Sunder – 5,000 dark words about revenge

This act is the final piece for me. 

On reflection, this has been a mottled jigsaw of a fragmented life. A heart tarnishing, anguish ridden spaghetti of grey paths to nowhere, guarded by a host of divisive personalities. Months and months of meticulous planning; has transported me here. If you had asked me at the start if this was possible or if I thought I could have gotten to this point, I would have said no. Sometimes human resilience and innate ability to push forward is truly amazing. We are capable of amazing and disgusting things, in equal measure. 

Its cold out here this morning, a bitter wind torments my exposed flesh and in a bid to fight it off I am fully layered, boots on, ski thermals, gloves the lot. Today is March 12th and it’s unusually cold. Bitter, inhuman cold and my mood matches it well. Whilst this may have started many years ago, this final act commenced two months ago.  The early morning sun is low and on the horizon; it forces my eyes down.

Towards him.

I quickly turn my back, like a scolded animal to avoid further mind pollution. My eyes are instantly burned and require the shield of their lids to protect them.

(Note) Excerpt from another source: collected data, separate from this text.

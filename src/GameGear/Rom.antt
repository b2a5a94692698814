-- ===== src/GameGear/Rom.antt =====
-- What the ROM area and the save RAM of a Game Gear cartridge answer.
use proto_time.Base.{
  ℕ, zero, suc, ◌∙◌, ◌+◌, ◌*◌, ◌/◌, ◌%◌, ◌≤◌, ◌<◌, ◌≡◌, refl, true, false, not, ◌&&◌, List, [], ◌∷◌,
  some, arith, length, get_or, length-set, get_or-set_self, get_or-set_ne, ltb, ◌==◌, if◌then◌else◌,
  if-split,
}
use proto_time.GameGear.Cartridge.{
  GameGearCartridge, num_banks, page_bank, sram_enabled, sram_offset, loaded, read,
  rom_bank_for_address, store_sram, write_register, write,
}

num_banks_positive : (c : GameGearCartridge) → 0 < num_banks c
unfolding num_banks
num_banks_positive c = ground arith

page_bank_bounds : (c : GameGearCartridge) (page : ℕ) → page_bank c page < num_banks c
unfolding page_bank
page_bank_bounds c page = ground (arith, num_banks_positive c)

-- Where `romBankForAddress` names a bank, it is one of the image, and a read gives the byte of that bank
-- at the address, 0xFF behind the end of the image; the first 1024 bytes are always those of the start
-- of the image.
pub rom_bank_is_read :
    (c : GameGearCartridge) (address bank : ℕ)
    → rom_bank_for_address c address ≡ some bank
    → (bank < num_banks c)
      × (read c address ≡ (
          if ltb address 0x0400
          then get_or c.rom (address % length c.rom) 0xff
          else get_or c.rom (bank * 0x4000 + address % 0x4000) 0xff))
unfolding rom_bank_for_address read
rom_bank_is_read c address bank e =
    ground (arith, page_bank_bounds c (address / 0x4000), num_banks_positive c)

-- The cartridge shows its save RAM from 0x8000 on.
pub record ShowsSram (c : GameGearCartridge) : Type 0 where
  pub has_rom : loaded c ≡ true
  pub enabled : sram_enabled c ≡ true
  pub sram_size : length c.sram ≡ 0x8000

sram_offset_bounds :
    (c : GameGearCartridge) (a : ℕ) → 0x8000 ≤ a → a < 0xc000 → sram_offset c a < 0x8000
unfolding sram_offset
sram_offset_bounds c a h k = ground arith

sram_offset_one :
    (c : GameGearCartridge) (a b : ℕ)
    → 0x8000 ≤ a
    → 0x8000 ≤ b
    → sram_offset c a ≡ sram_offset c b
    → a ≡ b
unfolding sram_offset
sram_offset_one c a b h k e = ground arith

read_sram :
    (c : GameGearCartridge) (a : ℕ)
    → ShowsSram c
    → 0x8000 ≤ a
    → a < 0xc000
    → read c a ≡ get_or c.sram (sram_offset c a) 0xff
unfolding read
read_sram c a s h k = ground (arith, s.has_rom, s.enabled)

write_sram :
    (c : GameGearCartridge) (a v : ℕ)
    → ShowsSram c
    → 0x8000 ≤ a
    → a < 0xc000
    → write c a v ≡ store_sram c (sram_offset c a) v
unfolding write
write_sram c a v s h k = ground (arith, s.enabled)

get_or_default : (xs : List ℕ) (i d e : ℕ) → i < length xs → get_or xs i d ≡ get_or xs i e
get_or_default [] i d e h = absurd (omega arith)
get_or_default (x ∷ xs) zero d e h = refl
get_or_default (x ∷ xs) (suc i) d e h = get_or_default xs i d e (omega arith)

store_sram_get :
    (c : GameGearCartridge) (i j v : ℕ)
    → i < length c.sram
    → j < length c.sram
    → get_or (store_sram c i v).sram j 0xff ≡ (if j == i then v else get_or c.sram j 0xff)
unfolding store_sram
store_sram_get c i j v h k = ground (
  arith,
  get_or_default c.sram i 0 255 h,
  get_or-set_self {A = ℕ} c.sram i v 255,
  get_or-set_ne {A = ℕ} c.sram i j v 255,
)

-- A store changes only the bytes and the dirty flag.
store_sram-ShowsSram :
    (c : GameGearCartridge) (i v : ℕ)
    → ShowsSram c
    → ShowsSram (store_sram c i v) × ((b : ℕ) → sram_offset (store_sram c i v) b ≡ sram_offset c b)
unfolding store_sram sram_offset
store_sram-ShowsSram c i v s =
    if-split
      (λ (d : GameGearCartridge). ShowsSram d × ((b : ℕ) → sram_offset d b ≡ sram_offset c b))
      (ltb i (length c.sram) && not (get_or c.sram i 0 == v))
      (λ _. (
        record {
          has_rom = s.has_rom;
          enabled = s.enabled;
          sram_size = length-set {A = ℕ} c.sram i v ∙ s.sram_size;
        },
        λ b. refl,
      ))
      (λ _. (s, λ b. refl))

-- While a cartridge shows its save RAM, a read in 0x8000-0xBFFF after a write there gives the byte
-- written at the address of the write, and at every other address what it gave before.
pub sram_read-write :
    (c : GameGearCartridge) (address other value : ℕ)
    → ShowsSram c
    → 0x8000 ≤ address
    → address < 0xc000
    → 0x8000 ≤ other
    → other < 0xc000
    → read (write c address value) other ≡ (if other == address then value else read c other)
sram_read-write c a b v s ha ka hb kb =
    let i = sram_offset c a in
    let (shows, same) = store_sram-ShowsSram c i v s in
    rw
      (
        write_sram c a v s ha ka,
        read_sram (store_sram c i v) b shows hb kb,
        same b,
        read_sram c b s hb kb,
      )
      (ground (
        arith,
        store_sram_get c i (sram_offset c b) v,
        s.sram_size,
        sram_offset_bounds c a ha ka,
        sram_offset_bounds c b hb kb,
        sram_offset_one c a b ha hb,
      ))

-- A write that leaves the save clean has changed no byte of save RAM.
pub sram_change_marks_dirty :
    (c : GameGearCartridge) (address value : ℕ)
    → (write c address value).save_dirty ≡ false
    → (write c address value).sram ≡ c.sram
unfolding write write_register store_sram
sram_change_marks_dirty c a v h = ground arith
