-- ===== src/GameGear/SaveState.antt =====
-- The states that the Game Gear cartridges write are read back by themselves.
use proto_time.Base.{
  ℕ, ◌+◌, ◌^◌, ◌≤◌, ◌<◌, ◌≡◌, refl, sym, ap, ap₂, ◌∙◌, Bool, true, false, not, ◌||◌, List, [], ◌∷◌,
  ◌++◌, arith, length, take, drop, length-append, take-append, drop-append, ltb, ◌==◌,
  if◌then◌else◌, if_of_false,
}
use mathlib.Core.List.{append-nil}
use proto_time.Base.Outcome.{Outcome, done, throws, ◌>>=◌}
use proto_time.GameGear.Cartridge.{
  GameGearCartridge, StateError, num_banks, u32_bytes, read_u32, read_bytes, flag_byte,
  export_state, import_registers, import_state,
}
use proto_time.GameGear.Cartridge
use proto_time.GameGear.Codemasters.{CodemastersMapper, import_flags}
use proto_time.GameGear.Codemasters

pub read_u32-u32_bytes :
    (n : ℕ) (rest : List ℕ) → n < 2 ^ 32 → read_u32 (u32_bytes n ++ rest) ≡ done (n, rest)
unfolding read_u32
read_u32-u32_bytes n rest h = ap (λ k. done (k, rest)) (omega arith)

read_bytes-append :
    (xs rest : List ℕ) (max : ℕ)
    → length xs ≤ max
    → max < 2 ^ 32
    → read_bytes (u32_bytes (length xs) ++ (xs ++ rest)) max ≡ done (xs, rest)
unfolding read_bytes
read_bytes-append xs rest max h k =
    ap
      (λ r. r >>= (λ s.
        if ltb max s.0 || ltb (length s.1) s.0
        then throws Cartridge.vector_invalid
        else done (take s.0 s.1, drop s.0 s.1)))
      (read_u32-u32_bytes (length xs) (xs ++ rest) (omega arith))
    ∙ if_of_false {b = ltb max (length xs) || ltb (length (xs ++ rest)) (length xs)} _
        (ground (arith, length-append xs rest))
    ∙ ap₂ (λ a b. done (a, b)) (take-append xs rest) (drop-append xs rest)

-- The same image is loaded, and so save RAM has the same size.
pub record SameImage (c d : GameGearCartridge) : Type 0 where
  pub same_rom : c.rom ≡ d.rom
  pub same_sram : length c.sram ≡ length d.sram
  pub rom_bound : length c.rom < 2 ^ 32
  pub sram_bound : length c.sram ≤ 0x8000

num_banks-same : (c d : GameGearCartridge) → c.rom ≡ d.rom → num_banks c ≡ num_banks d
unfolding num_banks
num_banks-same c d e = ground arith

num_banks_bound : (c : GameGearCartridge) → length c.rom < 2 ^ 32 → num_banks c < 2 ^ 32
unfolding num_banks
num_banks_bound c h = ground arith

flag_byte_small : (b : Bool) → ltb 1 (flag_byte b) ≡ false
flag_byte_small true = refl
flag_byte_small false = refl

flag_byte_lem : (b : Bool) → not (flag_byte b == 0) ≡ b
flag_byte_lem true = refl
flag_byte_lem false = refl

import_registers_lem :
    (c d : GameGearCartridge)
    → SameImage c d
    → import_registers d (
        c.control_register
        ∷ c.bank_0
        ∷ c.bank_1
        ∷ c.bank_2
        ∷ flag_byte c.save_dirty
        ∷ (u32_bytes (length c.sram) ++ c.sram))
      ≡ done c
unfolding import_registers
import_registers_lem c d s =
    let sram : read_bytes (u32_bytes (length c.sram) ++ c.sram) 0x8000 ≡ done (c.sram, []) =
      ap (λ xs. read_bytes (u32_bytes (length c.sram) ++ xs) 0x8000) (sym (append-nil c.sram))
      ∙ read_bytes-append c.sram [] 0x8000 s.sram_bound (omega arith) in
    let restored : Bool → GameGearCartridge = λ b. record d {
      control_register = c.control_register;
      bank_0 = c.bank_0;
      bank_1 = c.bank_1;
      bank_2 = c.bank_2;
      save_dirty = b;
      sram = c.sram;
    } in
    if_of_false {b = ltb 1 (flag_byte c.save_dirty)} _ (flag_byte_small c.save_dirty)
    ∙ ap
        (λ r. r >>= (λ x.
          if not (length x.0 == length d.sram) || not (length x.1 == 0)
          then throws Cartridge.sram_size_mismatch
          else done (record (restored (not (flag_byte c.save_dirty == 0))) { sram = x.0 })))
        sram
    ∙ if_of_false {b = not (length c.sram == length d.sram) || not (length {A = ℕ} [] == 0)} _
        (ground (arith, s.same_sram))
    ∙ ap₂ (λ b r. done (record (restored b) { rom = r })) (flag_byte_lem c.save_dirty)
        (sym s.same_rom)

-- The state that a cartridge writes is read by a cartridge that holds the same image, which then equals
-- the one that wrote it.
pub gamegear_import-export :
    (c d : GameGearCartridge) → SameImage c d → import_state d (export_state c) ≡ done c
unfolding import_state export_state
gamegear_import-export c d s =
    let registers =
      c.control_register
      ∷ c.bank_0
      ∷ c.bank_1
      ∷ c.bank_2
      ∷ flag_byte c.save_dirty
      ∷ (u32_bytes (length c.sram) ++ c.sram) in
    let test : ℕ → ℕ → List ℕ → Outcome StateError GameGearCartridge = λ a b xs.
      if not (a == length d.rom) || not (b == num_banks d)
      then throws Cartridge.rom_mismatch
      else import_registers d xs in
    ap (λ r. r >>= (λ x. read_u32 x.1 >>= (λ y. test x.0 y.0 y.1)))
      (read_u32-u32_bytes (length c.rom) (u32_bytes (num_banks c) ++ registers) s.rom_bound)
    ∙ ap (λ r. r >>= (λ y. test (length c.rom) y.0 y.1))
        (read_u32-u32_bytes (num_banks c) registers (num_banks_bound c s.rom_bound))
    ∙ if_of_false {b = not (length c.rom == length d.rom) || not (num_banks c == num_banks d)} _
        (ground (arith, ap length s.same_rom, num_banks-same c d s.same_rom))
    ∙ import_registers_lem c d s

length-export_state : (c : GameGearCartridge) → length (export_state c) ≡ 17 + length c.sram
unfolding export_state
length-export_state c = omega arith

import_flags_lem :
    (m n : CodemastersMapper)
    → SameImage m.base n.base
    → import_flags n
        (export_state m.base)
        m.extra_ram
        (flag_byte m.extra_ram_mapped ∷ flag_byte m.extra_ram_dirty ∷ [])
      ≡ done m
unfolding import_flags
import_flags_lem m n s =
    let made : GameGearCartridge → Bool → Bool → CodemastersMapper = λ base mapped dirty. record {
      base = base;
      extra_ram = m.extra_ram;
      extra_ram_mapped = mapped;
      extra_ram_dirty = dirty;
    } in
    let mapped = not (flag_byte m.extra_ram_mapped == 0) in
    let dirty = not (flag_byte m.extra_ram_dirty == 0) in
    if_of_false {b = ltb 1 (flag_byte m.extra_ram_mapped) || ltb 1 (flag_byte m.extra_ram_dirty)} _
      (ground (arith, flag_byte_small m.extra_ram_mapped, flag_byte_small m.extra_ram_dirty))
    ∙ ap (λ r. r >>= (λ base. done (made base mapped dirty)))
        (gamegear_import-export m.base n.base s)
    ∙ ap₂ (λ a b. done (made m.base a b)) (flag_byte_lem m.extra_ram_mapped)
        (flag_byte_lem m.extra_ram_dirty)

-- The state that a Codemasters cartridge writes is read by one that holds the same image, which then
-- equals the one that wrote it: bank registers, save RAM, the RAM on the cartridge and whether it is
-- mapped. The RAM on the cartridge has at most 8 KiB.
pub codemasters_import-export :
    (m n : CodemastersMapper)
    → SameImage m.base n.base
    → length m.extra_ram ≤ 0x2000
    → Codemasters.import_state n (Codemasters.export_state m) ≡ done m
unfolding Codemasters.import_state Codemasters.export_state
codemasters_import-export m n s h =
    let head = export_state m.base in
    let flags = flag_byte m.extra_ram_mapped ∷ flag_byte m.extra_ram_dirty ∷ [] in
    let tail = u32_bytes (length m.extra_ram) ++ (m.extra_ram ++ flags) in
    let size : length (export_state n.base) ≡ length head =
      omega (arith, length-export_state m.base, length-export_state n.base, s.same_sram) in
    let body : List ℕ → ℕ → List ℕ → Outcome StateError CodemastersMapper = λ base k xs.
      if ltb 0x2000 k || not (length xs == k + 2)
      then throws Cartridge.extra_ram_invalid
      else import_flags n base (take k xs) (drop k xs) in
    if_of_false {b = ltb (length (head ++ tail)) (length (export_state n.base) + 6)} _
      (ground (arith, size, length-append head tail, length-append m.extra_ram flags))
    ∙ ap₂ (λ base xs. read_u32 xs >>= (λ r. body base r.0 r.1))
        (ap (λ k. take k (head ++ tail)) size ∙ take-append head tail)
        (ap (λ k. drop k (head ++ tail)) size ∙ drop-append head tail)
    ∙ ap (λ r. r >>= (λ r. body head r.0 r.1))
        (read_u32-u32_bytes (length m.extra_ram) (m.extra_ram ++ flags) (omega arith))
    ∙ if_of_false
        {b = ltb 0x2000 (length m.extra_ram)
          || not (length (m.extra_ram ++ flags) == length m.extra_ram + 2)}
        _ (ground (arith, length-append m.extra_ram flags))
    ∙ ap₂ (import_flags n head) (take-append m.extra_ram flags) (drop-append m.extra_ram flags)
    ∙ import_flags_lem m n s
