-- ===== src/GameGear/Slots.antt =====
-- The bank registers and the RAM of a Codemasters cartridge.
use proto_time.Base.{
  ℕ, zero, suc, ◌+◌, ◌-◌, ◌*◌, ◌/◌, ◌%◌, ◌≤◌, ◌<◌, ◌≡◌, refl, ap, ◌∙◌, true, false, not, some,
  arith, length, get_or-set_self, get_or-set_ne, ◌==◌, if◌then◌else◌, if_of_false,
}
use proto_time.Base.Bits.{low_bits, test_bit}
use proto_time.GameGear.Cartridge.{
  GameGearCartridge, num_banks, page_bank, sram_enabled, loaded, write_register,
}
use proto_time.GameGear.Cartridge
use proto_time.GameGear.Codemasters.{
  CodemastersMapper, in_extra_ram, read, write, write_slot, map_extra_ram, write_extra_ram,
  handles_control_write, rom_bank_for_address,
}

-- What writing the register of a slot leaves and changes.
register_lem :
    (c : GameGearCartridge) (slot value : ℕ)
    → slot < 3
    → (page_bank (Cartridge.write c (0xfffd + slot) value) slot
        ≡ (value + low_bits 2 c.control_register * 8) % num_banks c)
      × ((Cartridge.write c (0xfffd + slot) value).rom ≡ c.rom)
      × ((Cartridge.write c (0xfffd + slot) value).control_register ≡ c.control_register)
unfolding Cartridge.write write_register page_bank num_banks
register_lem c zero value h = (refl, refl, refl)
register_lem c (suc zero) value h = (refl, refl, refl)
register_lem c (suc (suc zero)) value h = (refl, refl, refl)
register_lem c (suc (suc (suc k))) value h = absurd (omega arith)

write-base :
    (m : CodemastersMapper) (address value : ℕ)
    → handles_control_write m address ≡ true
    → (write m address value).base
      ≡ Cartridge.write m.base (0xfffd + address / 0x4000) (low_bits 7 value)
unfolding write write_slot map_extra_ram
write-base m address value h = ground arith

bank_shown :
    (c : GameGearCartridge) (address : ℕ)
    → loaded c ≡ true
    → sram_enabled c ≡ false
    → 0x0400 ≤ address
    → address < 0xc000
    → Cartridge.rom_bank_for_address c address ≡ some (page_bank c (address / 0x4000))
unfolding Cartridge.rom_bank_for_address
bank_shown c address l e k h = ground arith

-- A write to a ROM slot, other than where the RAM on the cartridge is mapped, selects the bank that the
-- addresses of the slot show from then on: the low seven bits of the byte, plus the shift of the control
-- register, modulo the number of banks. A ROM is loaded, save RAM is not shown, and the address asked
-- for is above the first 1024 bytes and not in the RAM on the cartridge.
slot_bank :
    (m : CodemastersMapper) (address other value : ℕ)
    → handles_control_write m address ≡ true
    → loaded m.base ≡ true
    → sram_enabled m.base ≡ false
    → other / 0x4000 ≡ address / 0x4000
    → 0x0400 ≤ other
    → in_extra_ram (write m address value) other ≡ false
    → rom_bank_for_address (write m address value) other
      ≡ some ((low_bits 7 value + low_bits 2 m.base.control_register * 8) % num_banks m.base)
unfolding rom_bank_for_address handles_control_write
slot_bank m address other value h l e o k x =
    let slot = address / 0x4000 in
    let bound : slot < 3 = ground arith in
    let c = Cartridge.write m.base (0xfffd + slot) (low_bits 7 value) in
    let (bank, rom, control) = register_lem m.base slot (low_bits 7 value) bound in
    if_of_false {b = in_extra_ram (write m address value) other} _ x
    ∙ ap (λ d. Cartridge.rom_bank_for_address d other) (write-base m address value h)
    ∙ bank_shown c other (ap (λ r. not (length r == 0)) rom ∙ l) (ap (test_bit 3) control ∙ e) k
        (omega arith)
    ∙ ap (λ p. some (page_bank c p)) o
    ∙ ap some bank

-- The RAM on a Codemasters cartridge, while it is mapped, is a memory of 8 KiB at 0xA000: a read after a
-- write there gives the byte written at the address of the write, and what it gave before elsewhere; and
-- the write changes no bank register.
pub extra_ram_read-write :
    (m : CodemastersMapper) (address other value : ℕ)
    → m.extra_ram_mapped ≡ true
    → length m.extra_ram ≡ 0x2000
    → 0xa000 ≤ address
    → address < 0xc000
    → 0xa000 ≤ other
    → other < 0xc000
    → (read (write m address value) other ≡ (if other == address then value else read m other))
      × ((write m address value).base ≡ m.base)
unfolding read write write_extra_ram handles_control_write
extra_ram_read-write m a b v h s ha ka hb kb = ground (
  arith,
  get_or-set_self {A = ℕ} m.extra_ram (a - 0xa000) v 255,
  get_or-set_ne {A = ℕ} m.extra_ram (a - 0xa000) (b - 0xa000) v 255,
)
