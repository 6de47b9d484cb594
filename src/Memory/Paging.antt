-- ===== src/Memory/Paging.antt =====
-- Page tables, kernel/src/memory/paging.h, and the functions of virtual_memory_manager.cpp that map
-- and unmap. A page directory entry is its 64-bit value; the tables in memory are a function from
-- the address of a table and an index to the entry. The debug output and the register CR3 are left
-- out.
pub mod Entry
pub mod Tree
pub mod Descent
pub mod Translation
pub mod Runs
pub mod Unmapping
pub mod Sample
mod Examples
use lensor_os.Prelude.{
  ℕ, zero, suc, ◌+◌, ◌-◌, ◌*◌, ◌/◌, ◌%◌, ◌^◌, Bool, true, false, List, [], ◌∷◌, ltb, if◌then◌else◌,
  ◌==◌,
}
use lensor_os.Prelude.Words.{u64_mod, add64}
use lensor_os.Memory.Physical.{
  Physical, Request, address, null, out_of_fuel, page_size, request_page,
}

pub data PageTableFlag : Type 0 where
  present : PageTableFlag
  read_write : PageTableFlag
  user_super : PageTableFlag
  write_through : PageTableFlag
  cache_disabled : PageTableFlag
  accessed : PageTableFlag
  dirty : PageTableFlag
  larger_pages : PageTableFlag
  global : PageTableFlag
  copy_on_write : PageTableFlag
  nx : PageTableFlag

-- The value of a flag.
abbrev pub bit : PageTableFlag → ℕ
bit present = 2 ^ 0
bit read_write = 2 ^ 1
bit user_super = 2 ^ 2
bit write_through = 2 ^ 3
bit cache_disabled = 2 ^ 4
bit accessed = 2 ^ 5
bit dirty = 2 ^ 6
bit larger_pages = 2 ^ 7
bit global = 2 ^ 8
bit copy_on_write = 2 ^ 9
bit nx = 2 ^ 63

pub record PageMapIndexer : Type 0 where
  pub page_directory_pointer : ℕ
  pub page_directory : ℕ
  pub page_table : ℕ
  pub page : ℕ

-- Shifts and masks as quotients and remainders.
unfoldable pub page_map_indexer : ℕ → PageMapIndexer
page_map_indexer virtual = record {
  page_directory_pointer = virtual / 2 ^ 39 % 512;
  page_directory = virtual / 2 ^ 30 % 512;
  page_table = virtual / 2 ^ 21 % 512;
  page = virtual / 2 ^ 12 % 512;
}

-- `PageDirectoryEntry::address`, the mask 0x000ffffffffff000.
unfoldable pub entry_address : ℕ → ℕ
entry_address value = value / 2 ^ 12 % 2 ^ 40 * 2 ^ 12

unfoldable pub set_address : ℕ → ℕ → ℕ
set_address a value = value / 2 ^ 52 * 2 ^ 52 + a / 2 ^ 12 % 2 ^ 40 * 2 ^ 12 + value % 2 ^ 12

unfoldable pub flag : PageTableFlag → ℕ → Bool
flag f value = value / bit f % 2 == 1

-- A bit is set by adding its value where it is not set, and reset by taking it away where it is.
unfoldable pub or_flag_if : PageTableFlag → Bool → ℕ → ℕ
unfolding flag
or_flag_if f enabled value =
    if enabled then (if flag f value then value else value + bit f) else value

unfoldable pub set_flag : PageTableFlag → Bool → ℕ → ℕ
unfolding flag
set_flag f enabled value =
    let cleared = if flag f value then value - bit f else value in
    if enabled then cleared + bit f else cleared

-- The flags that `map` passes on, in its order.
abbrev pub passed_flags : List PageTableFlag
passed_flags =
    present ∷ read_write ∷ user_super ∷ write_through ∷ cache_disabled ∷ accessed ∷ dirty
    ∷ larger_pages ∷ global ∷ []

unfoldable pub or_flags : List PageTableFlag → ℕ → ℕ → ℕ
or_flags [] mapping_flags value = value
or_flags (f ∷ fs) mapping_flags value =
    or_flags fs mapping_flags (or_flag_if f (flag f mapping_flags) value)

unfoldable pub set_flags : List PageTableFlag → ℕ → ℕ → ℕ
set_flags [] mapping_flags value = value
set_flags (f ∷ fs) mapping_flags value =
    set_flags fs mapping_flags (set_flag f (flag f mapping_flags) value)

pub record PageTables : Type 0 where
  pub physical : Physical
  pub entries : ℕ → ℕ → ℕ

unfoldable pub write_entry : ℕ → ℕ → ℕ → PageTables → PageTables
write_entry table index value s = record s {
  entries =
      λ t i. if t == table then (if i == index then value else s.entries t i) else s.entries t i;
}

-- `memset(table, 0, PAGE_SIZE)`
unfoldable pub clear_table : ℕ → PageTables → PageTables
clear_table table s = record s { entries = λ t i. if t == table then 0 else s.entries t i }

-- The address that a request gives, as a pointer.
unfoldable pub pointer : Request → ℕ
pointer (address a) = a
pointer null = 0
pointer out_of_fuel = 0

-- The table that an entry leads to, requested if it is not present: the entry, and the state in
-- which it is not stored yet.
unfoldable pub present_entry : ℕ → PageTables → ℕ × PageTables
present_entry value s =
    let requested = request_page s.physical in
    let table = pointer requested.0 in
    if flag present value
    then (value, s)
    else (set_address table value, clear_table table (record s { physical = requested.1 }))

-- One of the three descents of `map`: the next table, and the state.
unfoldable pub enter : ℕ → ℕ → ℕ → PageTables → ℕ × PageTables
enter table index mapping_flags s =
    let (value, s') = present_entry (s.entries table index) s in
    let value' = or_flags passed_flags mapping_flags value in
    (entry_address value', write_entry table index value' s')

-- `map` in the page map at an address.
unfoldable pub map : ℕ → ℕ → ℕ → ℕ → PageTables → PageTables
map root virtual physical mapping_flags s =
    let indexer = page_map_indexer virtual in
    let (pdp, s1) = enter root indexer.page_directory_pointer mapping_flags s in
    let (pd, s2) = enter pdp indexer.page_directory mapping_flags s1 in
    let (pt, s3) = enter pd indexer.page_table mapping_flags s2 in
    let value = set_address physical (s3.entries pt indexer.page) in
    if root == 0
    then s
    else write_entry pt indexer.page (set_flags passed_flags mapping_flags value) s3

-- The rounds of the loop of `map_pages`, as many as there are pages at most.
unfoldable pub map_pages_rounds : ℕ → ℕ → ℕ → ℕ → ℕ → ℕ → PageTables → PageTables
map_pages_rounds zero root virtual physical end mapping_flags s = s
map_pages_rounds (suc n) root virtual physical end mapping_flags s =
    if ltb virtual end
    then map_pages_rounds n root (add64 virtual page_size) (add64 physical page_size) end
        mapping_flags (map root virtual physical mapping_flags s)
    else s

unfoldable pub map_pages : ℕ → ℕ → ℕ → ℕ → ℕ → PageTables → PageTables
map_pages root virtual physical mapping_flags page_count s =
    let end = add64 virtual (page_count * page_size % u64_mod) in
    map_pages_rounds page_count root virtual physical end mapping_flags s

unfoldable pub unmap : ℕ → ℕ → PageTables → PageTables
unmap root virtual s =
    let indexer = page_map_indexer virtual in
    let pdp = entry_address (s.entries root indexer.page_directory_pointer) in
    let pd = entry_address (s.entries pdp indexer.page_directory) in
    let pt = entry_address (s.entries pd indexer.page_table) in
    write_entry pt indexer.page (set_flag present false (s.entries pt indexer.page)) s

unfoldable pub unmap_pages_rounds : ℕ → ℕ → ℕ → ℕ → PageTables → PageTables
unmap_pages_rounds zero root virtual end s = s
unmap_pages_rounds (suc n) root virtual end s =
    if ltb virtual end
    then unmap_pages_rounds n root (add64 virtual page_size) end (unmap root virtual s)
    else s

unfoldable pub unmap_pages : ℕ → ℕ → ℕ → PageTables → PageTables
unmap_pages root virtual page_count s =
    let end = add64 virtual (page_count * page_size % u64_mod) in
    unmap_pages_rounds page_count root virtual end s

Where I used to work, in what now seems like a former life, we had a tool that was used to plan and plot radio and broadcast transmission paths. Next time you’re driving down the motorway and you see a huge mast lassoed to the Earth by guy ropes, with a glut of varying antennas attached, that’s probably one of ours. In order to get that structure built, you start by planning where it should go and you take into account factors like trees, hills and buildings which can halt or distort the transmission. You search for a high vantage point, with limited blockers on cheap land, owned by desperate people. That’s where you build your structure. This enables you to reach the maximum amount of people possible with the transmission signal.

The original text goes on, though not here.